The input —

—————

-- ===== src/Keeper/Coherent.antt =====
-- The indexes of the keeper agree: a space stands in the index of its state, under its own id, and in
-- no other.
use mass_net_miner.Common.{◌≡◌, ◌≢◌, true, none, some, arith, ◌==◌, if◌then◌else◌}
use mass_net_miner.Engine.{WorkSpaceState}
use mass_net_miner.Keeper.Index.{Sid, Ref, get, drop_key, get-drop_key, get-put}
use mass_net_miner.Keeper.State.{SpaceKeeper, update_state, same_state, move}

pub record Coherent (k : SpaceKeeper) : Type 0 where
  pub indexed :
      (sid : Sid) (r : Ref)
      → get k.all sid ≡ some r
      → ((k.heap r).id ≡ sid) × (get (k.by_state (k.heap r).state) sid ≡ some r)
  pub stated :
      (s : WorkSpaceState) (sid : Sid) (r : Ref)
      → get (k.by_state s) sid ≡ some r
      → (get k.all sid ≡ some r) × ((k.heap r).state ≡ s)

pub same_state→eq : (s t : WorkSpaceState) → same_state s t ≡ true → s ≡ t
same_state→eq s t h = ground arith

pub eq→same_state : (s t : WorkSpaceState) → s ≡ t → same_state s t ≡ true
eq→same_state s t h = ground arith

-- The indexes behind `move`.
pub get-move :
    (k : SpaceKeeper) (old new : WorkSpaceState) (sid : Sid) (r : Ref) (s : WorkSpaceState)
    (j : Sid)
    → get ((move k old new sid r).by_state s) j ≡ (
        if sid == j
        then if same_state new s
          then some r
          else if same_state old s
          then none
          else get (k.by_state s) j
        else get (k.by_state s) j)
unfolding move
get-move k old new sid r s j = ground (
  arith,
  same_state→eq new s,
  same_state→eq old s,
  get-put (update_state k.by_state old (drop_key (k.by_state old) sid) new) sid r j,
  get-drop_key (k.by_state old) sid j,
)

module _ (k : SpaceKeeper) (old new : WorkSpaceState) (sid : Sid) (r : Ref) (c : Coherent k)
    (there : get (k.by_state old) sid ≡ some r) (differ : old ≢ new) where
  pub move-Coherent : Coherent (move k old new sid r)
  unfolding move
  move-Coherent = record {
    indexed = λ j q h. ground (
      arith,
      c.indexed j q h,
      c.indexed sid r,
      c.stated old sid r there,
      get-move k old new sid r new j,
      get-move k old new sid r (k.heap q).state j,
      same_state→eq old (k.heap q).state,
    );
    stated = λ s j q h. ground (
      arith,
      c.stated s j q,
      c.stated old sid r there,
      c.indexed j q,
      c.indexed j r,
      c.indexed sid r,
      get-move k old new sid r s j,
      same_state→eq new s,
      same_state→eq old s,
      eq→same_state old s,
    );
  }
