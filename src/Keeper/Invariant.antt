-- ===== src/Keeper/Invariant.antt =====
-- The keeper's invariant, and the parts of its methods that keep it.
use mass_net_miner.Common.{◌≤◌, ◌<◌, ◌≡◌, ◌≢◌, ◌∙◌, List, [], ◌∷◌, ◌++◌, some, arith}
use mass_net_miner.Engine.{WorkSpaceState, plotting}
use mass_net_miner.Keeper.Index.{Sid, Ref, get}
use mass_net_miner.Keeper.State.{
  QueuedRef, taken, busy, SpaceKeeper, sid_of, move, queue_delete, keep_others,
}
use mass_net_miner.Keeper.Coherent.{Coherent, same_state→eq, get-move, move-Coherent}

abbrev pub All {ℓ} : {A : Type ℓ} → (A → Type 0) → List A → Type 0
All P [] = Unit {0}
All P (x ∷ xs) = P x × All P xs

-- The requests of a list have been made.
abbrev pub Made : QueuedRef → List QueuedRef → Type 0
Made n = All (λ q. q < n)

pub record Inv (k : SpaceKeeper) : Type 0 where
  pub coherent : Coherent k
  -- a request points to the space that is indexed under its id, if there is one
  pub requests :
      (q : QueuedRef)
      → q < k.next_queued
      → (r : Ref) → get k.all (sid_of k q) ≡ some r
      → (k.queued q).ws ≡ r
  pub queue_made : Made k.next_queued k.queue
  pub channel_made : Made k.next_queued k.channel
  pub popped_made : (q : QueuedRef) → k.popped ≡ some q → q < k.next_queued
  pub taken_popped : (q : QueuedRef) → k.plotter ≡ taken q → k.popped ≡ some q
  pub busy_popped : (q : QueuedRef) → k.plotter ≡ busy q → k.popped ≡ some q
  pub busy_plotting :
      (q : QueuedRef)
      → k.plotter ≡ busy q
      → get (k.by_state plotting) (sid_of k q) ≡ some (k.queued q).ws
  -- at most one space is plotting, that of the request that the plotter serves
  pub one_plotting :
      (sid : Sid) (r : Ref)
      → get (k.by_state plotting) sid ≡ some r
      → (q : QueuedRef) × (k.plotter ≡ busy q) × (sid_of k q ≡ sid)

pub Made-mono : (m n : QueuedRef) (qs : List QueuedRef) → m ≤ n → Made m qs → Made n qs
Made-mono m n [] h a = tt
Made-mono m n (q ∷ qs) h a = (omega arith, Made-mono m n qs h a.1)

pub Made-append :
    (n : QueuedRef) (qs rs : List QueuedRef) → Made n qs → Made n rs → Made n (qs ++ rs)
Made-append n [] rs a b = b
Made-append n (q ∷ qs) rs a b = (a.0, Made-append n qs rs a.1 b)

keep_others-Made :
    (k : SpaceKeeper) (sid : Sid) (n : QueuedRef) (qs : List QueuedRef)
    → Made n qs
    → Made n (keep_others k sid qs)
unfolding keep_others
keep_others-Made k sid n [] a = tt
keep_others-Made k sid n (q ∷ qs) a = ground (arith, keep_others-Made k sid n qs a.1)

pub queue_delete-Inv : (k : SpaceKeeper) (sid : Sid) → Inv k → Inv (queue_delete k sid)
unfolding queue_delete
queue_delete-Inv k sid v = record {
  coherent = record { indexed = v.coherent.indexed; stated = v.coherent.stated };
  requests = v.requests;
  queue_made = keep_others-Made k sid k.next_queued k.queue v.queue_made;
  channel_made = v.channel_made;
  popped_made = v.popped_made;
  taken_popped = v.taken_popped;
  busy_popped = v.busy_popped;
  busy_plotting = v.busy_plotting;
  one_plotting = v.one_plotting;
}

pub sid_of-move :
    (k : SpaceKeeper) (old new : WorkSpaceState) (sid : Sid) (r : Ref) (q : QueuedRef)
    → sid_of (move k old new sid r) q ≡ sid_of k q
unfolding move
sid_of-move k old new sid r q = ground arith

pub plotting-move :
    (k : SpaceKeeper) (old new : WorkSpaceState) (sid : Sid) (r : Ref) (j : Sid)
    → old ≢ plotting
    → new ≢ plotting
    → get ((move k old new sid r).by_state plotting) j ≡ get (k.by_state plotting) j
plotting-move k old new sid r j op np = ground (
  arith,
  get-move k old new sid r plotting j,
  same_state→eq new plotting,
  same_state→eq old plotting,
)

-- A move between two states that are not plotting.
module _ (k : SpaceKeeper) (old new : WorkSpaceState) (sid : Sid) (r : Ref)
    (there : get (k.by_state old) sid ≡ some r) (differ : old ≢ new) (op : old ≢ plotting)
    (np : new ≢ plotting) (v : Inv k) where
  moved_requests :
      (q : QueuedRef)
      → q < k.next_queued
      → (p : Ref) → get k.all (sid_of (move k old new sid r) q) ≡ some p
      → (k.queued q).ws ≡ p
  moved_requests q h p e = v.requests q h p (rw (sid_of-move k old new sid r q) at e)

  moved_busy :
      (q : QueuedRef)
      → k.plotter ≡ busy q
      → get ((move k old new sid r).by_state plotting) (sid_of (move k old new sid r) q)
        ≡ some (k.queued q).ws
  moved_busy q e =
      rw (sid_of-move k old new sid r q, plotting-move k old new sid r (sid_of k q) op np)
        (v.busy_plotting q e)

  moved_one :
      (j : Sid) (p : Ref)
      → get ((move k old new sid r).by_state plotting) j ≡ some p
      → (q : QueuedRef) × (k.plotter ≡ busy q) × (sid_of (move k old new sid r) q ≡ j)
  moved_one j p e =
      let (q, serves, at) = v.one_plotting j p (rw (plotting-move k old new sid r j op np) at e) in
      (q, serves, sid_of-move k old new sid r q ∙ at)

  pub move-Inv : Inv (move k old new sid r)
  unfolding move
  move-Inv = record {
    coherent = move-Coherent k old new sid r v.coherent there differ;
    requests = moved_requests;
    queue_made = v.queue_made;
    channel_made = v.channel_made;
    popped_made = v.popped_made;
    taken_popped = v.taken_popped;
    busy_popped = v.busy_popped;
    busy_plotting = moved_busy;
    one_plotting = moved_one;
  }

—————

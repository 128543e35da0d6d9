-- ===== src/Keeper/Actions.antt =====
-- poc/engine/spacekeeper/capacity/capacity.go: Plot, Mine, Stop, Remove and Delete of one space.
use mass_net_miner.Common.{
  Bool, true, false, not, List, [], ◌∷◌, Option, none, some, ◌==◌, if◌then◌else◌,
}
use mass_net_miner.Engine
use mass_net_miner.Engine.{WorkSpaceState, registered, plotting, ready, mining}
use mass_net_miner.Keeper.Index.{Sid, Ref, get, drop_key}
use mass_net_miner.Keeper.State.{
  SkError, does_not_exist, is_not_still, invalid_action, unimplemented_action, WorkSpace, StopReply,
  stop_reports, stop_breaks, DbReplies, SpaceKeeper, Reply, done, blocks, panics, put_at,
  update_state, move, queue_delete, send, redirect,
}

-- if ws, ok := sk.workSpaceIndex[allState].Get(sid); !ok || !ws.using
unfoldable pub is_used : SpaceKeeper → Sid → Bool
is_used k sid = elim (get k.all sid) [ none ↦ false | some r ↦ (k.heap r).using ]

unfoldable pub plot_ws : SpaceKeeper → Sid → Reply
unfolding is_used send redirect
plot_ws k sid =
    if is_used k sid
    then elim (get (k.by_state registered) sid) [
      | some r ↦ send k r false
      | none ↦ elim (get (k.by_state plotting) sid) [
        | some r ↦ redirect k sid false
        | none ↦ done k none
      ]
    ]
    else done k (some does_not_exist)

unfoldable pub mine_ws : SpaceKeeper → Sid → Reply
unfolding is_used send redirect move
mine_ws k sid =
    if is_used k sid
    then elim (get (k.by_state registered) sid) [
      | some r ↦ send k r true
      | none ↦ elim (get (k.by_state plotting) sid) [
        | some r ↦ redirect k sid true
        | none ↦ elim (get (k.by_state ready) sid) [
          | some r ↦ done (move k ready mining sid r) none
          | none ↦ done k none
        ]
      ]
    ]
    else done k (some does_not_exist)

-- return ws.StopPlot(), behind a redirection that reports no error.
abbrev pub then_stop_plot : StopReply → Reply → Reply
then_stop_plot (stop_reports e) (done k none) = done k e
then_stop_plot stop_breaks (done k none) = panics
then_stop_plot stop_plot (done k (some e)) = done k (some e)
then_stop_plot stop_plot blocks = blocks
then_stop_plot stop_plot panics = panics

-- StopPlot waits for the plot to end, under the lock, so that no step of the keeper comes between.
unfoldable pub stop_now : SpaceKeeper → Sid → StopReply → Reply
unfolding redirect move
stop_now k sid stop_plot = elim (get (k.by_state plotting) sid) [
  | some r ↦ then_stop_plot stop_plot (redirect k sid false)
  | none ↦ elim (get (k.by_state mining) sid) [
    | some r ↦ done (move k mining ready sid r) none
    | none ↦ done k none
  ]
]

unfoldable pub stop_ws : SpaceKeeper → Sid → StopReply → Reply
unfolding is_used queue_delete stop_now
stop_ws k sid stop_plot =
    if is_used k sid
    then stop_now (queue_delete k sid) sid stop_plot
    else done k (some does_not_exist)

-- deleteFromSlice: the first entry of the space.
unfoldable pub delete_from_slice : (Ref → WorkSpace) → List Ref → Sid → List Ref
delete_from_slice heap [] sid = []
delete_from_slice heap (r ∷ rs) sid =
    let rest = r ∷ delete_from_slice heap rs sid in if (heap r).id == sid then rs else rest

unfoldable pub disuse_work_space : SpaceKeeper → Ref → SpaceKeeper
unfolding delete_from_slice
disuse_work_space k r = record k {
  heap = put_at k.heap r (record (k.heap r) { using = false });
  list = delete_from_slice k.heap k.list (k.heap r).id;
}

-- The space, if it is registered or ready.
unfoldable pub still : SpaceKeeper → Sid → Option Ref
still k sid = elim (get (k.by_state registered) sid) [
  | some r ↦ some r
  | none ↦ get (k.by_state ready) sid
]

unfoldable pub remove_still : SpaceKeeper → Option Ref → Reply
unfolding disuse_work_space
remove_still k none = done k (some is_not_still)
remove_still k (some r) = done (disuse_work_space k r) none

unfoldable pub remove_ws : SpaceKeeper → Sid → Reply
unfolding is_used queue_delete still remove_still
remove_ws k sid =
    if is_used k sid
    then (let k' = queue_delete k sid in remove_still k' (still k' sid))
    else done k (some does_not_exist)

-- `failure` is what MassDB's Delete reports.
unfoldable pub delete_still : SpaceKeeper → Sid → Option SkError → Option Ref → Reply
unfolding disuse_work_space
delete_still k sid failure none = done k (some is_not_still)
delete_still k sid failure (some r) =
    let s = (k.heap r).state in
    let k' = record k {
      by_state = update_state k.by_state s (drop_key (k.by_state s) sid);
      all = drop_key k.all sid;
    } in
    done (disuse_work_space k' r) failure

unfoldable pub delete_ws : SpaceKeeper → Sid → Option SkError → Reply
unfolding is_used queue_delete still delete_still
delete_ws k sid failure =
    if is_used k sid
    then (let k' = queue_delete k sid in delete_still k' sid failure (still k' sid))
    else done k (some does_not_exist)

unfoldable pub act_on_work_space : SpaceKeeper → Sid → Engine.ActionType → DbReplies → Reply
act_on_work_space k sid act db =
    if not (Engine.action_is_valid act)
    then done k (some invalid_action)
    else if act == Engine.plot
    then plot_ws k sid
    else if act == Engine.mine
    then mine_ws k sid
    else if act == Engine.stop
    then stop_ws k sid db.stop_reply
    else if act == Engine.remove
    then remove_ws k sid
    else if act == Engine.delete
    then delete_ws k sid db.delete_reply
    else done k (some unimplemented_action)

—————

Task goal —
Your answer must be the lines above from the one containing "let s = (k.heap r).state in" to the one containing "unfoldable pub delete_ws", both included, restated word for word.

Completed exercise —
    let s = (k.heap r).state in
    let k' = record k {
      by_state = update_state k.by_state s (drop_key (k.by_state s) sid);
      all = drop_key k.all sid;
    } in
    done (disuse_work_space k' r) failure

unfoldable pub delete_ws : SpaceKeeper → Sid → Option SkError → Reply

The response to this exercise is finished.